* **Problem**: Of the entries below, return exactly those lines that fall between the one containing "check_state-required d.required_state c" and the one containing "(execute site line c n)", the two end lines included.

* **Saved entries**:
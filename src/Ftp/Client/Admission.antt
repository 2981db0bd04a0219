-- ===== src/Ftp/Client/Admission.antt =====
-- Whom PASS of src/cmd/rfc/pass.cpp logs in.
use ebftpd.Prelude.{
  ◌≡◌, ◌≢◌, ◌⊎◌, refl, sym, ap, ◌∙◌, inl, inr, Bool, true, false, not, none, some, List, Str, pos,
  minus_one, ◌-ℤ◌, ◌<ℤ◌, ℕ, leb, Bool-cases, Option-cases, ◌&&◌, if◌then◌else◌, arith,
}
use ebftpd.Ftp.Client.Laws.{same_result}
use ebftpd.Ftp.Client.Commands.{pass_lem, pass_read, dashed, counting}
use ebftpd.Acl.User.Data.{UserData}
use ebftpd.Acl.User.Flags.{deleted_flag, siteop_flag, exempt_flag, has_flag}
use ebftpd.Acl.User.Password.{verify_password}
use ebftpd.Ftp.Counters.{Counter, bit}
use ebftpd.Ftp.Enums.{ClientState, logged_out, logged_in, finished}
use ebftpd.Ftp.Client.{Client, Site, Result, leave, set_state, logout, set_logged_in, on_login}
use ebftpd.Ftp.Client.Execute.{
  pass, user_command, auth, admit, strip_dash, is_nil, max_password_attempts, expired,
}
use ebftpd.Ftp.Counters.Laws.{start_login_lem}

-- What is known of a user whom the server logs in.
pub record Admitted (site : Site) (u : UserData) (n : Counter) : Type 0 where
  pub from_allowed_address : site.address_allowed ≡ true
  pub not_deleted : has_flag u deleted_flag ≡ false
  pub not_expired : expired site.today u ≡ false
  pub siteop_if_shut : site.siteop_only ≡ true → has_flag u siteop_flag ≡ true
  pub has_a_directory : (site.start_up_dir_opens ≡ true) ⊎ (site.home_dir_opens ≡ true)
  pub below_limit :
      (u.num_logins ≡ minus_one) ⊎ (pos (n.personal u.id) -ℤ bit site.kicked <ℤ u.num_logins)

leave-state :
    (s : ClientState) (code code' : ℕ) (c c' : Client) (n n' : Counter)
    → leave s code c n ≡ some (c', n', code')
    → c'.state ≡ s
unfolding set_state logout
leave-state s code code' c c' n n' e = ground arith

-- A result in which the client is not logged in.
abbrev pub Outside : Result → Type 0
Outside r = (c' : Client) (n' : Counter) (code : ℕ) → r ≡ some (c', n', code) → c'.state ≢ logged_in

pub leave-Outside :
    (s : ClientState) (code : ℕ) (c : Client) (n : Counter)
    → s ≢ logged_in
    → Outside (leave s code c n)
leave-Outside s code c n ne c' n' code' e f = ne (sym (leave-state s code code' c c' n n' e) ∙ f)

pub same-Outside :
    (c d : Client) (n : Counter) (code : ℕ)
    → d.state ≡ c.state
    → c.state ≢ logged_in
    → Outside (some (d, n, code))
same-Outside c d n code g ne c' n' code' e f =
    ne (sym g ∙ (ap (λ (r : Client × Counter × ℕ). r.0.state) (same_result e) ∙ f))

-- The counter takes the user in, or PASS ends the session.
entered-cases :
    (site : Site) (u : UserData) (c : Client) (n : Counter)
    → ((set_logged_in site u c n).0 ≡ false)
      ⊎ ((u.num_logins ≡ minus_one) ⊎ (pos (n.personal u.id) -ℤ bit site.kicked <ℤ u.num_logins))
unfolding set_logged_in
entered-cases site u c n =
    elim (start_login_lem site.users site.exempt_users n u.id u.num_logins site.kicked
      (has_flag u exempt_flag)) [
        | inl (e, _, _) ↦ inl (ap (λ r. (on_login c r).0) e)
        | inr (_, k) ↦ inr k
      ]

checked-Outside :
    (site : Site) (u : UserData) (c : Client) (n : Counter)
    → (set_logged_in site u c n).0 ≡ false
    → Outside (
        let (entered, c', n') = set_logged_in site u c n in
        if entered then some (c', n', 230) else leave finished 421 c' n')
checked-Outside site u c n e = rw e (
    leave-Outside finished 421 (set_logged_in site u c n).1 (set_logged_in site u c n).2
      (λ k. cc k))

admit-cases :
    (site : Site) (u : UserData) (c : Client) (n : Counter)
    → c.state ≢ logged_in
    → Outside (admit site u c n) ⊎ Admitted site u n
unfolding admit
admit-cases site u c n ne = elim (Bool-cases site.address_allowed) [
  | inr a ↦ inl (simp a gone)
  | inl a ↦ elim (Bool-cases (has_flag u deleted_flag)) [
    | inl d ↦ inl (simp (a, d) gone)
    | inr d ↦ elim (Bool-cases (site.siteop_only && not (has_flag u siteop_flag))) [
      | inl s ↦ inl (simp (a, d, s) (same-Outside c c n 421 refl ne))
      | inr s ↦ elim (Bool-cases (not site.start_up_dir_opens && not site.home_dir_opens)) [
        | inl o ↦ inl (simp (a, d, s, o) gone)
        | inr o ↦ elim (Bool-cases (expired site.today u)) [
          | inl x ↦ inl (simp (a, d, s, o, x) gone)
          | inr x ↦ elim (entered-cases site u c n) [
            | inl e ↦ inl (simp (a, d, s, o, x) (checked-Outside site u c n e))
            | inr l ↦ inr (record {
              from_allowed_address = a;
              not_deleted = d;
              not_expired = x;
              siteop_if_shut = λ k. ground (arith, s, k);
              has_a_directory = ground (arith, o);
              below_limit = l;
            })
          ]
        ]
      ]
    ]
  ]
]
  where
    gone : Outside (leave finished 421 c n)
    gone = leave-Outside finished 421 c n (λ k. cc k)

-- What the argument of PASS says of the session's user.
pub record Proven (site : Site) (arg_str : Str) (c : Client) (n : Counter) : Type 0 where
  pub proven_user : UserData
  pub chosen : c.user ≡ some proven_user
  pub password_right : verify_password site.hash_password proven_user (strip_dash arg_str).1 ≡ true
  pub admitted : Admitted site proven_user n

dashed-Outside :
    (dash : Bool) (c : Client) (n : Counter) (code : ℕ)
    → c.state ≢ logged_in
    → Outside (some (dashed dash c, n, code))
dashed-Outside true c n code ne = same-Outside c (dashed true c) n code refl ne
dashed-Outside false c n code ne = same-Outside c c n code refl ne

pub none-Outside : Outside none
none-Outside c' n' code e f = cc e

-- Without a user PASS replies a syntax error, or dereferences nothing.
lost-Outside :
    (site : Site) (arg_str : Str) (c : Client) (n : Counter)
    → c.state ≢ logged_in
    → c.user ≡ none
    → Outside (pass site arg_str c n)
unfolding pass
lost-Outside site arg_str c n ne k = elim (Bool-cases (is_nil (strip_dash arg_str).1)) [
  | inl e ↦ simp (pass, e) (dashed-Outside (strip_dash arg_str).0 c n 501 ne)
  | inr e ↦ simp (pass, e, k) none-Outside
]

-- PASS of a user, after the attempt was counted.
verified-cases :
    (site : Site) (password : Str) (u : UserData) (c : Client) (n : Counter)
    → c.state ≢ logged_in
    → Outside (
        if verify_password site.hash_password u password
        then admit site u c n
        else if leb max_password_attempts c.password_attempts
        then leave finished 530 c n
        else leave logged_out 530 c n)
      ⊎ ((verify_password site.hash_password u password ≡ true) × Admitted site u n)
verified-cases site password u c n ne =
    elim (Bool-cases (verify_password site.hash_password u password)) [
      | inl e ↦ elim (admit-cases site u c n ne) [ inl o ↦ inl (rw e o) | inr a ↦ inr (e, a) ]
      | inr e ↦ elim (Bool-cases (leb max_password_attempts c.password_attempts)) [
        | inl f ↦ inl (rw (e, f) (leave-Outside finished 530 c n (λ k. cc k)))
        | inr f ↦ inl (rw (e, f) (leave-Outside logged_out 530 c n (λ k. cc k)))
      ]
    ]

read-cases :
    (site : Site) (c : Client) (n : Counter) (dash : Bool) (password : Str) (u : UserData)
    → c.state ≢ logged_in
    → Outside (pass_read site c n dash password u)
      ⊎ ((verify_password site.hash_password u password ≡ true) × Admitted site u n)
read-cases site c n dash password u ne = elim (Bool-cases (is_nil password)) [
  | inl e ↦ inl (rw e (dashed-Outside dash c n 501 ne))
  | inr e ↦
      elim (verified-cases site password u (counting (dashed dash c)) n
        (λ k. ne (sym (dashed-state dash) ∙ k))) [ inl o ↦ inl (rw e o) | inr a ↦ inr a ]
]
  where
    dashed-state : (dash : Bool) → (counting (dashed dash c)).state ≡ c.state
    dashed-state true = refl
    dashed-state false = refl

pub pass-cases :
    (site : Site) (arg_str : Str) (c : Client) (n : Counter)
    → c.state ≢ logged_in
    → Outside (pass site arg_str c n) ⊎ Proven site arg_str c n
pass-cases site arg_str c n ne = elim (Option-cases c.user) [
  | inl k ↦ inl (lost-Outside site arg_str c n ne k)
  | inr (u, k) ↦ elim (read-cases site c n (strip_dash arg_str).0 (strip_dash arg_str).1 u ne) [
    | inl o ↦ inl (rw (pass_lem site c n arg_str u k) o)
    | inr (e, a) ↦ inr (record { proven_user = u; chosen = k; password_right = e; admitted = a })
  ]
]

pub auth-Outside :
    (site : Site) (args : List Str) (c : Client) (n : Counter)
    → c.state ≢ logged_in
    → Outside (auth site args c n)
unfolding auth
auth-Outside site args c n ne c' n' code e f = ground arith

pub user_command-Outside :
    (site : Site) (arg_str : Str) (c : Client) (n : Counter)
    → c.state ≢ logged_in
    → Outside (user_command site arg_str c n)
unfolding user_command
user_command-Outside site arg_str c n ne c' n' code e f = ground arith
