-- ===== src/Ftp/Client/Total.antt =====
-- ExecuteCommand of src/ftp/clientimpl.cpp ends in every reachable state: no assertion fails.
use ebftpd.Prelude.{
  ◌≡◌, ◌≢◌, ◌⊎◌, refl, ap, inl, inr, Bool, true, false, not, some, Str, codes, str_eq, str_eq_sound,
  pos, minus_one, subst, ℕ, Bool-cases, Option-cases, ◌&&◌, if◌then◌else◌, arith,
}
use ebftpd.Cmd.Rfc.{CommandDef, find_def, entry, lookup, check_args}
use ebftpd.Ftp.Counters.{Counter}
use ebftpd.Ftp.Client.{Client, Site, Line, no_reply, check_state}
use ebftpd.Ftp.Client.Execute.{execute, execute_command, args_size}
use ebftpd.Ftp.Client.Commands.{execute-Ends}
use ebftpd.Ftp.Client.Laws.{IsCoherent, CanStop, Ends, stay, check_state-ok}
use ebftpd.Ftp.Enums.{
  ClientState, logged_out, waiting_password, logged_in, finished, same_state, state_code,
}

-- The table's state for a name.
lookup_at :
    (name key : Str) (def d : CommandDef)
    → str_eq name key ≡ true
    → lookup key ≡ some d
    → lookup name ≡ some def
    → def ≡ d
lookup_at name key def d e f g = cc (f, g, ap lookup (str_eq_sound name key e))

abbrev pub pass_def : CommandDef
pass_def = entry (pos 0) minus_one waiting_password true

abbrev user_def : CommandDef
user_def = entry (pos 1) minus_one logged_out true

pub found_pass : lookup (codes "PASS") ≡ some pass_def
unfolding lookup find_def str_eq
found_pass = refl

found_user : lookup (codes "USER") ≡ some user_def
unfolding lookup find_def str_eq
found_user = refl

check_state-required :
    (required : ClientState) (c : Client) (code : ℕ)
    → check_state required c ≡ some (true, code)
    → (required ≡ logged_out) ⊎ (required ≡ waiting_password)
    → c.state ≡ required
unfolding check_state state_code
check_state-required required c code e f = ground arith

not_finished : (c : Client) → c.state ≢ finished → same_state c.state finished ≡ false
unfolding state_code
not_finished c live = ground arith

-- What the table and the guard let through, the command's own assertions accept.
pub let_through :
    (name key : Str) (def d : CommandDef) (c : Client) (code : ℕ)
    → lookup name ≡ some def
    → lookup key ≡ some d
    → check_state def.required_state c ≡ some (true, code)
    → (d.required_state ≡ logged_out) ⊎ (d.required_state ≡ waiting_password)
    → str_eq name key ≡ true
    → c.state ≡ d.required_state
let_through name key def d c code e f g o i =
    let same = lookup_at name key def d i f e in
    check_state-required d.required_state c code
      (subst (λ (x : CommandDef). check_state x.required_state c ≡ some (true, code)) same g) o

module _ (site : Site) (line : Line) (c : Client) (n : Counter) (h : IsCoherent c)
    (can : CanStop c n) where
  allowed-Ends :
      (def : CommandDef) (code : ℕ)
      → lookup line.name ≡ some def
      → check_state def.required_state c ≡ some (true, code)
      → Ends c n (execute site line c n)
  allowed-Ends def code e g =
      execute-Ends site line c n h can
        (let_through line.name (codes "PASS") def pass_def c code e found_pass g (inr refl))
        (let_through line.name (codes "USER") def user_def c code e found_user g (inl refl))

  -- A command that the table has.
  found-Ends :
      (def : CommandDef) (allowed : Bool) (code : ℕ)
      → lookup line.name ≡ some def
      → check_state def.required_state c ≡ some (allowed, code)
      → Ends c n (
          if not allowed
          then some (c, n, code)
          else if same_state c.state logged_in && not site.pre_script
          then some (c, n, no_reply)
          else if not def.is_implemented
          then some (c, n, 502)
          else execute site line c n)
  found-Ends def false code e g = stay c c n code h refl
  found-Ends def true code e g =
      elim (Bool-cases (same_state c.state logged_in && not site.pre_script)) [
        | inl s ↦ rw s (stay c c n no_reply h refl)
        | inr s ↦ elim (Bool-cases (not def.is_implemented)) [
          | inl i ↦ rw (s, i) (stay c c n 502 h refl)
          | inr i ↦ rw (s, i) (allowed-Ends def code e g)
        ]
      ]

pub execute_command-Ends :
    (site : Site) (line : Line) (c : Client) (n : Counter)
    → IsCoherent c
    → c.state ≢ finished
    → CanStop c n
    → Ends c n (execute_command site line c n)
unfolding execute_command
execute_command-Ends site line c n h live can = elim (Option-cases (lookup line.name)) [
  | inl e ↦ rw (e, execute_command) (stay c c n 500 h refl)
  | inr (def, e) ↦ elim (Bool-cases (not (check_args def (args_size line.args)))) [
    | inl k ↦ rw (e, execute_command, k) (stay c c n 501 h refl)
    | inr k ↦
        let (allowed, code, g) = check_state-ok def.required_state c (not_finished c live) in
        rw (e, execute_command, k, g) (found-Ends site line c n h can def allowed code e g)
  ]
]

* **Answer to this exercise**:
    check_state-required d.required_state c code
      (subst (λ (x : CommandDef). check_state x.required_state c ≡ some (true, code)) same g) o

module _ (site : Site) (line : Line) (c : Client) (n : Counter) (h : IsCoherent c)
    (can : CanStop c n) where
  allowed-Ends :
      (def : CommandDef) (code : ℕ)
      → lookup line.name ≡ some def
      → check_state def.required_state c ≡ some (true, code)
      → Ends c n (execute site line c n)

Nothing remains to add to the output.